▶ Directions for this task:
All lines in the records that carry the string "command" are to be shown.

▶ Data:
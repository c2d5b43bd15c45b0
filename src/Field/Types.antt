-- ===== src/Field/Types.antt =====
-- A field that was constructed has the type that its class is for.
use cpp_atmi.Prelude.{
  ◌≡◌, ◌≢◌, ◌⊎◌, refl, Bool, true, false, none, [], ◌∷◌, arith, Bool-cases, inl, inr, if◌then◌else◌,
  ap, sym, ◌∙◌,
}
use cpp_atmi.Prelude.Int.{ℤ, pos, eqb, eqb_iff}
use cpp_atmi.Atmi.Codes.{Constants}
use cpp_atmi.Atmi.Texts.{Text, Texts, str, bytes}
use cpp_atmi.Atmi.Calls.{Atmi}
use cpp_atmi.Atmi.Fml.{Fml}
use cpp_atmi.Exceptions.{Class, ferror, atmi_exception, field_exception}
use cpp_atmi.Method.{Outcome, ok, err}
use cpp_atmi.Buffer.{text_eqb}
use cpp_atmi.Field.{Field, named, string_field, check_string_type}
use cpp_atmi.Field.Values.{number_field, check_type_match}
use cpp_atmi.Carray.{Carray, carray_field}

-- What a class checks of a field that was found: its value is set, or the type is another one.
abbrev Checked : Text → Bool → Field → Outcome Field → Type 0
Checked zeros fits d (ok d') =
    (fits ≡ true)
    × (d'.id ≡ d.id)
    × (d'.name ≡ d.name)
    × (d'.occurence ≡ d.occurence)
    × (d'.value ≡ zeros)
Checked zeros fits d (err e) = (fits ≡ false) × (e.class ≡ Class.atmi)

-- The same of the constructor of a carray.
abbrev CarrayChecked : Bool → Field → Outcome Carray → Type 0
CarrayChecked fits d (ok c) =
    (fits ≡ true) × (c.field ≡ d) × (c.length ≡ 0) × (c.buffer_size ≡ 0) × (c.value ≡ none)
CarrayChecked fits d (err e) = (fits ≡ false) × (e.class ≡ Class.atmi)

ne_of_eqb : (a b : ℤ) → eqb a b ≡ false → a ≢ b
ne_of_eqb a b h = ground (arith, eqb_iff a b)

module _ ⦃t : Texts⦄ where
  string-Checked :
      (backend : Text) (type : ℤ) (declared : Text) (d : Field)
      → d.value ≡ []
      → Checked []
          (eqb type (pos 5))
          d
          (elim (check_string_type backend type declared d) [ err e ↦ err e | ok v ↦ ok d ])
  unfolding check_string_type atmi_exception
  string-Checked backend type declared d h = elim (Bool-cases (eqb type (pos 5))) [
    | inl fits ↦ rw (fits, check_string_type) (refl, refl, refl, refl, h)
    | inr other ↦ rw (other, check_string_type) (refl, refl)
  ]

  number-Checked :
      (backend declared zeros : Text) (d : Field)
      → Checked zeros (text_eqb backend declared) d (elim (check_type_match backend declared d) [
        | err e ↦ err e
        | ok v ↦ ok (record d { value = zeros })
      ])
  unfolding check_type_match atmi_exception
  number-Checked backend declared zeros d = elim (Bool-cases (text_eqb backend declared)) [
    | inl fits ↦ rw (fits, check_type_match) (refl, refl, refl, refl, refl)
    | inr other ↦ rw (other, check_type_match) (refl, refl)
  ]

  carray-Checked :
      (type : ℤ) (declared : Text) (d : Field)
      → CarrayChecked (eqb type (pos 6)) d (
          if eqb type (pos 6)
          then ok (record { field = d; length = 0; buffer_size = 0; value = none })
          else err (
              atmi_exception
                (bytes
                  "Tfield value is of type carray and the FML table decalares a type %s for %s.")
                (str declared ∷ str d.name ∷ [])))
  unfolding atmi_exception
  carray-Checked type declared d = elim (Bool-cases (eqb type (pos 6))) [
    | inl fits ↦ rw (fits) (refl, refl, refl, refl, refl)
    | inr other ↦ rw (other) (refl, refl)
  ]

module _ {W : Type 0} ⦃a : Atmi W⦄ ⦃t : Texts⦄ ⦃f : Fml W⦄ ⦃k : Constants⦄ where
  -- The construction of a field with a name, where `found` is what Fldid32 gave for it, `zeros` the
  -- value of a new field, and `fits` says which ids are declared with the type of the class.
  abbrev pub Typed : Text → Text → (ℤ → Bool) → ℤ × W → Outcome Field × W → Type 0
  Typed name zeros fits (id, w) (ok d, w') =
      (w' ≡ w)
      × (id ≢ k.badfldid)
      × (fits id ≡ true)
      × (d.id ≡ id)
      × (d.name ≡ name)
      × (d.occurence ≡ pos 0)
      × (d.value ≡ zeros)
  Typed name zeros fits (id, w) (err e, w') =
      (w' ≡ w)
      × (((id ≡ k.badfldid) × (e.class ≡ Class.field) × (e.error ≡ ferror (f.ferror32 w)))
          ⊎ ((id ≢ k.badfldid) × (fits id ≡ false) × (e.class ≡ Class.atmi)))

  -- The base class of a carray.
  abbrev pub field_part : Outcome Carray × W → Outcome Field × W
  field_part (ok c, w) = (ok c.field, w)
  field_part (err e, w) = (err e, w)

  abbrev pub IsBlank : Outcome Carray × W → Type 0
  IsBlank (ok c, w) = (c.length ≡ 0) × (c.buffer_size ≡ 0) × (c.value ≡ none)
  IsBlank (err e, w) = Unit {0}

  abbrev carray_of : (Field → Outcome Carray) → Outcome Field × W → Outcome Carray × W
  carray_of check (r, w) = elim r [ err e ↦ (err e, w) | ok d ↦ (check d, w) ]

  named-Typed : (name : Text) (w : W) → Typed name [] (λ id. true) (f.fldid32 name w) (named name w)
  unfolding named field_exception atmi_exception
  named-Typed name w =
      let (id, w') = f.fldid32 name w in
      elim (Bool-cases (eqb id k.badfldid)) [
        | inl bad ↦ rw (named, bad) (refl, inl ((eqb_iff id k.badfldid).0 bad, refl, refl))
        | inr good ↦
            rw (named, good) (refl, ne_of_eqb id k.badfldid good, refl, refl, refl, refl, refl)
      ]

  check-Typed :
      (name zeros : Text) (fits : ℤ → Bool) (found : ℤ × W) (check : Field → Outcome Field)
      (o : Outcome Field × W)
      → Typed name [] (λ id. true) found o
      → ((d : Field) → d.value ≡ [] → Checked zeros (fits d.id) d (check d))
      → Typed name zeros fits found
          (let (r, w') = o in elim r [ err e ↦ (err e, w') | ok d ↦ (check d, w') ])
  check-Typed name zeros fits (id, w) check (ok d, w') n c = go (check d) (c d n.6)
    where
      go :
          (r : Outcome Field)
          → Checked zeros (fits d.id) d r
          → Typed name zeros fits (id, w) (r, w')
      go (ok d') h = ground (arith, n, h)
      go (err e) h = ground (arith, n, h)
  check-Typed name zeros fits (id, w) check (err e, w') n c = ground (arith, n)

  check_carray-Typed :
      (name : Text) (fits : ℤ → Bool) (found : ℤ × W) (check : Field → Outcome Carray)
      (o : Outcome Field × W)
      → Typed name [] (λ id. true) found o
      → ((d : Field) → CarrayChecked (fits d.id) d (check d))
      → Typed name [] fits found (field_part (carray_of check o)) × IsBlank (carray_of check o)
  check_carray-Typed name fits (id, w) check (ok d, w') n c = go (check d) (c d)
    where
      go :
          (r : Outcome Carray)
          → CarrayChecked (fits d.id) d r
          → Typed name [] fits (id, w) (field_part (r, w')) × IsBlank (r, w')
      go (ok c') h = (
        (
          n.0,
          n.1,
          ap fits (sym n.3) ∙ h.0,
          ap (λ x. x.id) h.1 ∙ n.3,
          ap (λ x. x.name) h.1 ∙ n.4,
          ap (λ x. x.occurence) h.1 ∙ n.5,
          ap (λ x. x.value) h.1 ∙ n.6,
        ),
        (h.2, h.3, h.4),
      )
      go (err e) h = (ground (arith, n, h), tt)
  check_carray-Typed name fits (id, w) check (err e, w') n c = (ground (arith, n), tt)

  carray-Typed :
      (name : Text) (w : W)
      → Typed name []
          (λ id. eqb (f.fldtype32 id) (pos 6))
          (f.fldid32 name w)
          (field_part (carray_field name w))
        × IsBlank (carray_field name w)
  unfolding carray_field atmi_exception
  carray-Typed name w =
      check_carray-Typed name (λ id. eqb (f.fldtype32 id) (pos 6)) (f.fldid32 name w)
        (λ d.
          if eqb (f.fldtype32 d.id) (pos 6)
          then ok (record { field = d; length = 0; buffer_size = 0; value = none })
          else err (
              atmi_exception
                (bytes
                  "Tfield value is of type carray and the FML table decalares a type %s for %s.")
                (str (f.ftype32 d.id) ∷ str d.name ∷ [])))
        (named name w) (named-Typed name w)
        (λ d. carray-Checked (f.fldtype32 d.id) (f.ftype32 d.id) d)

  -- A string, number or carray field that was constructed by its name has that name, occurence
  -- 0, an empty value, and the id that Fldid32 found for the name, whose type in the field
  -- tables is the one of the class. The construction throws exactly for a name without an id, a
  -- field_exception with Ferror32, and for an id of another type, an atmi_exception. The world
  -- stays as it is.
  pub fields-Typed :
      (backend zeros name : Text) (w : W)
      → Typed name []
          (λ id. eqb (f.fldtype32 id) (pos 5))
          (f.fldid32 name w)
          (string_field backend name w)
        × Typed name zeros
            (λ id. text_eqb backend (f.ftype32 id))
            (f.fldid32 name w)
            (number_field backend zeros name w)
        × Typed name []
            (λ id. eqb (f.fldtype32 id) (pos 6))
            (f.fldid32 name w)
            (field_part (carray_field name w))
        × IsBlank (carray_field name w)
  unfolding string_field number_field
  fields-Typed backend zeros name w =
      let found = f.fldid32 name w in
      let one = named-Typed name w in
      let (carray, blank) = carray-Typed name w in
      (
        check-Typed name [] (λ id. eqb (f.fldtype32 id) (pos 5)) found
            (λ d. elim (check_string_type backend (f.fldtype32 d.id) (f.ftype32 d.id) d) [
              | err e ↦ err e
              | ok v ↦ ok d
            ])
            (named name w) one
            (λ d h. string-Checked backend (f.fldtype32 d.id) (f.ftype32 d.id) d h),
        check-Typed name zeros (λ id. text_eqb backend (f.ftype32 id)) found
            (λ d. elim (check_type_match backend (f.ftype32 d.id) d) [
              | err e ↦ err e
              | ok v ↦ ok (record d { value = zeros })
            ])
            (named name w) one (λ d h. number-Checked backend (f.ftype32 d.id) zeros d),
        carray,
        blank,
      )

* * *

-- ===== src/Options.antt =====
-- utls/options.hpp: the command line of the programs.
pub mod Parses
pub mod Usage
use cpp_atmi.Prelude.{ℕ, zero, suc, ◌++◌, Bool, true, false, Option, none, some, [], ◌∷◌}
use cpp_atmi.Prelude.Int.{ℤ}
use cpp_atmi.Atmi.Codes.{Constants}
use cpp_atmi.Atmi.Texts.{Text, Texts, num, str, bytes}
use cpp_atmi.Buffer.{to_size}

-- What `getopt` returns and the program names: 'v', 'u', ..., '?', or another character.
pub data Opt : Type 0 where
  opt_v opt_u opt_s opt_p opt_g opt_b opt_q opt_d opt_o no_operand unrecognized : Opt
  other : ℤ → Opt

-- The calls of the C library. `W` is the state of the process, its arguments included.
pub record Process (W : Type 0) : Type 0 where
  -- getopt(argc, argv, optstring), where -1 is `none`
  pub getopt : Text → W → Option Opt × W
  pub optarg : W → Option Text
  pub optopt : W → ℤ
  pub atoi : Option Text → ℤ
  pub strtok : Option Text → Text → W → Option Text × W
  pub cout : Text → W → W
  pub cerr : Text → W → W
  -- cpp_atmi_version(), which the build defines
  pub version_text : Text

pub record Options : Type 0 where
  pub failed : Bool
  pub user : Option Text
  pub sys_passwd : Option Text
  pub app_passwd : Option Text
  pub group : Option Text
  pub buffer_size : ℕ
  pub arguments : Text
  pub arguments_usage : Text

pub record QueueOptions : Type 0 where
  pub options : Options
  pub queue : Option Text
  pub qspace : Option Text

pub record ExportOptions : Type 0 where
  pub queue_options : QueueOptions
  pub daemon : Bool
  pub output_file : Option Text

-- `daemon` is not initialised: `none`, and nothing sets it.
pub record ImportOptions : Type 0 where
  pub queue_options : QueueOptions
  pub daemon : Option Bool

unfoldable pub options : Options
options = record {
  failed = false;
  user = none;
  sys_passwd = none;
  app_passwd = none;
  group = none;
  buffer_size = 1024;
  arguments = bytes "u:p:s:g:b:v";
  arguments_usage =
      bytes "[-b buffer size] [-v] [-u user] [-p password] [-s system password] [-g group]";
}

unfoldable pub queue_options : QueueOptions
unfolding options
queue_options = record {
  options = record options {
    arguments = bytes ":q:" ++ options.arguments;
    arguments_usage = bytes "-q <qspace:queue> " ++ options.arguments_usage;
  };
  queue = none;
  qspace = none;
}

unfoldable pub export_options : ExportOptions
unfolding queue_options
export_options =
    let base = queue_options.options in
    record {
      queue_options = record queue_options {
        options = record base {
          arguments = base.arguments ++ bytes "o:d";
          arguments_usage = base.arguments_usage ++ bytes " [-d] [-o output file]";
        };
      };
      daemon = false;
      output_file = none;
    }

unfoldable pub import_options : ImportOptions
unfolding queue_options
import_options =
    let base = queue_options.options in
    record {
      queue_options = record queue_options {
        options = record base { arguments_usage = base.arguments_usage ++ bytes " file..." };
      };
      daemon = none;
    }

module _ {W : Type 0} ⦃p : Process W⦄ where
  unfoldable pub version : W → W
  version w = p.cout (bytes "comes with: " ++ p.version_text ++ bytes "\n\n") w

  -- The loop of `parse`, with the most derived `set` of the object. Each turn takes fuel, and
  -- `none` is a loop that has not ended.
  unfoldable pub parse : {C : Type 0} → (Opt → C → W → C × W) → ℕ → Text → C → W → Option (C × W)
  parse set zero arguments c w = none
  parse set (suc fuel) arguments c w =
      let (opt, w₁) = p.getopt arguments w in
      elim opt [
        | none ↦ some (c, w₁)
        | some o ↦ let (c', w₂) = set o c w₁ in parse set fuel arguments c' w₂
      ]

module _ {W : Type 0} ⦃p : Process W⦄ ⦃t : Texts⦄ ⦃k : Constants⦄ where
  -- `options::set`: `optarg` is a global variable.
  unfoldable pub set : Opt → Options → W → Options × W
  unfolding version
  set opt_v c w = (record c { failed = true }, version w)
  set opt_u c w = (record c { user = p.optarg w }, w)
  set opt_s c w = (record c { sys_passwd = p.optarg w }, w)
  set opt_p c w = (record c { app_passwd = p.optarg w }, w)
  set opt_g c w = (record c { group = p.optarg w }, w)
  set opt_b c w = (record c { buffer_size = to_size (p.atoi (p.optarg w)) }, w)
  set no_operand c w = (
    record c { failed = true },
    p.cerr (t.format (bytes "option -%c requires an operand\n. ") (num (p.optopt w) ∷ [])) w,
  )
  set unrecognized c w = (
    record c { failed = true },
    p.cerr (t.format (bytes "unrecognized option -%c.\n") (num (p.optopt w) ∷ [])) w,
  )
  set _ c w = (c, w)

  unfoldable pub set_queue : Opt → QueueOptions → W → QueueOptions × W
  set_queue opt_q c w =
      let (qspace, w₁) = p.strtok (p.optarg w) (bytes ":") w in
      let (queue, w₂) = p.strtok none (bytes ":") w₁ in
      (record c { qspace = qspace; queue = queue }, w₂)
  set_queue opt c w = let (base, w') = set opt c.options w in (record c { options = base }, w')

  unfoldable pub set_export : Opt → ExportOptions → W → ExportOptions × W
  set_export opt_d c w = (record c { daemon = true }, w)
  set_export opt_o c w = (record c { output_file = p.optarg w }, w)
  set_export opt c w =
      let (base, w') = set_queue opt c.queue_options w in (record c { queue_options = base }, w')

...

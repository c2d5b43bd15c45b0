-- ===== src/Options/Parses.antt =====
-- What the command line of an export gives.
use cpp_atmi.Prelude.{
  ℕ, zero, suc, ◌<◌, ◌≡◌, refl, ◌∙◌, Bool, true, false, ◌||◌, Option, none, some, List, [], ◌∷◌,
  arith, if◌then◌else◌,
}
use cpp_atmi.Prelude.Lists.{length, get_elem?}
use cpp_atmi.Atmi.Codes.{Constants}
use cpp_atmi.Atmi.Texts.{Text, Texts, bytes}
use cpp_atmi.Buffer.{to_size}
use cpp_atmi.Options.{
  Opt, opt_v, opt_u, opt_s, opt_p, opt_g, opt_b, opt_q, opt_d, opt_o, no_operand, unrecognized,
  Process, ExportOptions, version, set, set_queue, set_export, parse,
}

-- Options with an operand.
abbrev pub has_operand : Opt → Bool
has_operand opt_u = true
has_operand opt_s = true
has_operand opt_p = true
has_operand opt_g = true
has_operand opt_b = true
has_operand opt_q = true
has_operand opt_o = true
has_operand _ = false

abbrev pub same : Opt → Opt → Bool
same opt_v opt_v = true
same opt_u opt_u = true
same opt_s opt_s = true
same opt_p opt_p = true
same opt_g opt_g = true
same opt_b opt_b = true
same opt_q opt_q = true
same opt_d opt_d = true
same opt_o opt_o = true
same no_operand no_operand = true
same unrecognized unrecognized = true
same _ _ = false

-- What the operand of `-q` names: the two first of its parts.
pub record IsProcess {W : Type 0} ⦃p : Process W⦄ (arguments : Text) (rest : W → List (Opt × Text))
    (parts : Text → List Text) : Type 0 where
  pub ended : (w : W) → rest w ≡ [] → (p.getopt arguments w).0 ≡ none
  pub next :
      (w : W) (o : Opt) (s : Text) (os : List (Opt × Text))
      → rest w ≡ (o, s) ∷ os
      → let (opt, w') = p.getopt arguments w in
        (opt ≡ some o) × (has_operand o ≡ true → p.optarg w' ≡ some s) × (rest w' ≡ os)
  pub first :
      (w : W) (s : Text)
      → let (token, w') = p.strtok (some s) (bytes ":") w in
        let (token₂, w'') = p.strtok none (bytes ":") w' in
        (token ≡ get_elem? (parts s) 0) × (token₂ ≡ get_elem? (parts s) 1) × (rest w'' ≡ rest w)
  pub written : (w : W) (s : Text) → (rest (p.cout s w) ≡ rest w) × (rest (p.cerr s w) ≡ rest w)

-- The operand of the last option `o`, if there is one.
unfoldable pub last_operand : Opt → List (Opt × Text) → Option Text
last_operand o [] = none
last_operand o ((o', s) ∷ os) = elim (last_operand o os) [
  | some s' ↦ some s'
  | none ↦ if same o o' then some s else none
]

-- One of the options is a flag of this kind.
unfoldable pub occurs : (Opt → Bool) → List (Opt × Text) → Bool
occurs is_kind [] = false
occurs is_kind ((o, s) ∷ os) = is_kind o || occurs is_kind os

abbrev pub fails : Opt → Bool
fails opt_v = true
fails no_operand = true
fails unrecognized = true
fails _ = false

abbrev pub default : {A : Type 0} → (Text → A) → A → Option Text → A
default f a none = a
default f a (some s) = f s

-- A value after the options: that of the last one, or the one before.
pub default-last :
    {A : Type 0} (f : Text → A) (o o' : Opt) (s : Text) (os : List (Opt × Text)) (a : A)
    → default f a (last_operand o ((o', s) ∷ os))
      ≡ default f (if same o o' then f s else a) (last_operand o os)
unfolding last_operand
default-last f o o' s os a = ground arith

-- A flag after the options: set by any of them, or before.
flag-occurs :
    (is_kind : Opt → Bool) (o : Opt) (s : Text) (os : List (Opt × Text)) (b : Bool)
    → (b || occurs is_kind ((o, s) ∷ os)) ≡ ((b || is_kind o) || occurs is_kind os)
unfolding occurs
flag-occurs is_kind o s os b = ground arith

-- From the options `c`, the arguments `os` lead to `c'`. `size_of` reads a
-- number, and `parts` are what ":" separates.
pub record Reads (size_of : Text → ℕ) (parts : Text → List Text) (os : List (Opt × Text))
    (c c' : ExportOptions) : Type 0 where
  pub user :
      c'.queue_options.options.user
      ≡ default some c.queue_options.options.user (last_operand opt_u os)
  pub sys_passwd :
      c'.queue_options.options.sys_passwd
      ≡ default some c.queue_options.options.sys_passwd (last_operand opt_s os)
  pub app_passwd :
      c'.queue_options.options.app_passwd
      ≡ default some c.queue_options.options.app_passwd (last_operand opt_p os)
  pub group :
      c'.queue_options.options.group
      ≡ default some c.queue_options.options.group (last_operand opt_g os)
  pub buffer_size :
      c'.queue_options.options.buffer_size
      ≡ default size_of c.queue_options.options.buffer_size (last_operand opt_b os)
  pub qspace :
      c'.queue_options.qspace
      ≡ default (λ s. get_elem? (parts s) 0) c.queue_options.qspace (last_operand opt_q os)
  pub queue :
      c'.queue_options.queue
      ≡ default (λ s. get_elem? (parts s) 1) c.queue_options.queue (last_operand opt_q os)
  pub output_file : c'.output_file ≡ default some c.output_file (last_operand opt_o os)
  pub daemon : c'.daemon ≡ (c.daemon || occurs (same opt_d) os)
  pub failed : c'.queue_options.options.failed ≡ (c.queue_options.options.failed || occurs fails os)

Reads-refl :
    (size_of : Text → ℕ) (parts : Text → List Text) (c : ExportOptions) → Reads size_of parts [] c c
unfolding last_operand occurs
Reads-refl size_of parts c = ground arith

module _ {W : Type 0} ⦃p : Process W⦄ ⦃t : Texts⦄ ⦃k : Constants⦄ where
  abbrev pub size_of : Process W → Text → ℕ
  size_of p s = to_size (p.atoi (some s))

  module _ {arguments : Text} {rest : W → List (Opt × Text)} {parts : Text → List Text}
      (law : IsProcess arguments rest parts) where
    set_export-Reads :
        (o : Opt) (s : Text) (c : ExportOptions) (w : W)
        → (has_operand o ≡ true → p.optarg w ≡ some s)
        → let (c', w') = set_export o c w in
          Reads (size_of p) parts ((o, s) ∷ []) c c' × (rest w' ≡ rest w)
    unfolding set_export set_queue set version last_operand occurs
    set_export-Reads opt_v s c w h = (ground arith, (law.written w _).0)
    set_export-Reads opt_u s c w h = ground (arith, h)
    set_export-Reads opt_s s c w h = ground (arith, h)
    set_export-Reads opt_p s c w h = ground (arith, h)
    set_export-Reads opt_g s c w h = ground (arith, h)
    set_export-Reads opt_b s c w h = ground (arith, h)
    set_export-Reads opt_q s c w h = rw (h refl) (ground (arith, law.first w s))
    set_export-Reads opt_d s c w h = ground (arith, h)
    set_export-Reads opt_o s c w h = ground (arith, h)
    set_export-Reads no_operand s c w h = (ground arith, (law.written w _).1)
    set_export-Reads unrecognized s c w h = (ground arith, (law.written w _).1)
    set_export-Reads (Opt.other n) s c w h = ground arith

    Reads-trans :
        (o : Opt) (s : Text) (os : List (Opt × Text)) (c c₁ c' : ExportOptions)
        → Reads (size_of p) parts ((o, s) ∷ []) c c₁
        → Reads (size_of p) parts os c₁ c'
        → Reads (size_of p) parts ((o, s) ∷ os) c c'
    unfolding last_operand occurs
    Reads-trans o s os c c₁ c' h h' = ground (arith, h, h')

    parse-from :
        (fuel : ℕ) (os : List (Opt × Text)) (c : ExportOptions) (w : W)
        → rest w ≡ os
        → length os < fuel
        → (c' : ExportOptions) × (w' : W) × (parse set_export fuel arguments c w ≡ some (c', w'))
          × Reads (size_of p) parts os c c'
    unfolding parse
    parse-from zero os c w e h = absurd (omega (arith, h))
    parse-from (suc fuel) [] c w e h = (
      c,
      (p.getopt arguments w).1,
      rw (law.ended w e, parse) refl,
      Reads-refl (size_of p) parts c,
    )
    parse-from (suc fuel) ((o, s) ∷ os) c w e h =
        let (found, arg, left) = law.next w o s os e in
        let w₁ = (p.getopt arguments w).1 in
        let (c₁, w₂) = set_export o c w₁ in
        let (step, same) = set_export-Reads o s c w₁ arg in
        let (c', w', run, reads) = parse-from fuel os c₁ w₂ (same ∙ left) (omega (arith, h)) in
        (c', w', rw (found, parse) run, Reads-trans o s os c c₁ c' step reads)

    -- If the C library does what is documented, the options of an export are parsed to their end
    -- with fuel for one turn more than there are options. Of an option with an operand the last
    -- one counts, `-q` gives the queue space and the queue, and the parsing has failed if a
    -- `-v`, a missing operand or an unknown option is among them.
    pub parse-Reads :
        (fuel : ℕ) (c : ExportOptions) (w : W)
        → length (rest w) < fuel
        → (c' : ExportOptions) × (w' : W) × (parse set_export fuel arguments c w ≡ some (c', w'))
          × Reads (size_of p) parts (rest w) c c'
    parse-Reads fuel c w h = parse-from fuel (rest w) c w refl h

▶ Task solution:
-- utls/options.hpp: the command line of the programs.
-- What the command line of an export gives.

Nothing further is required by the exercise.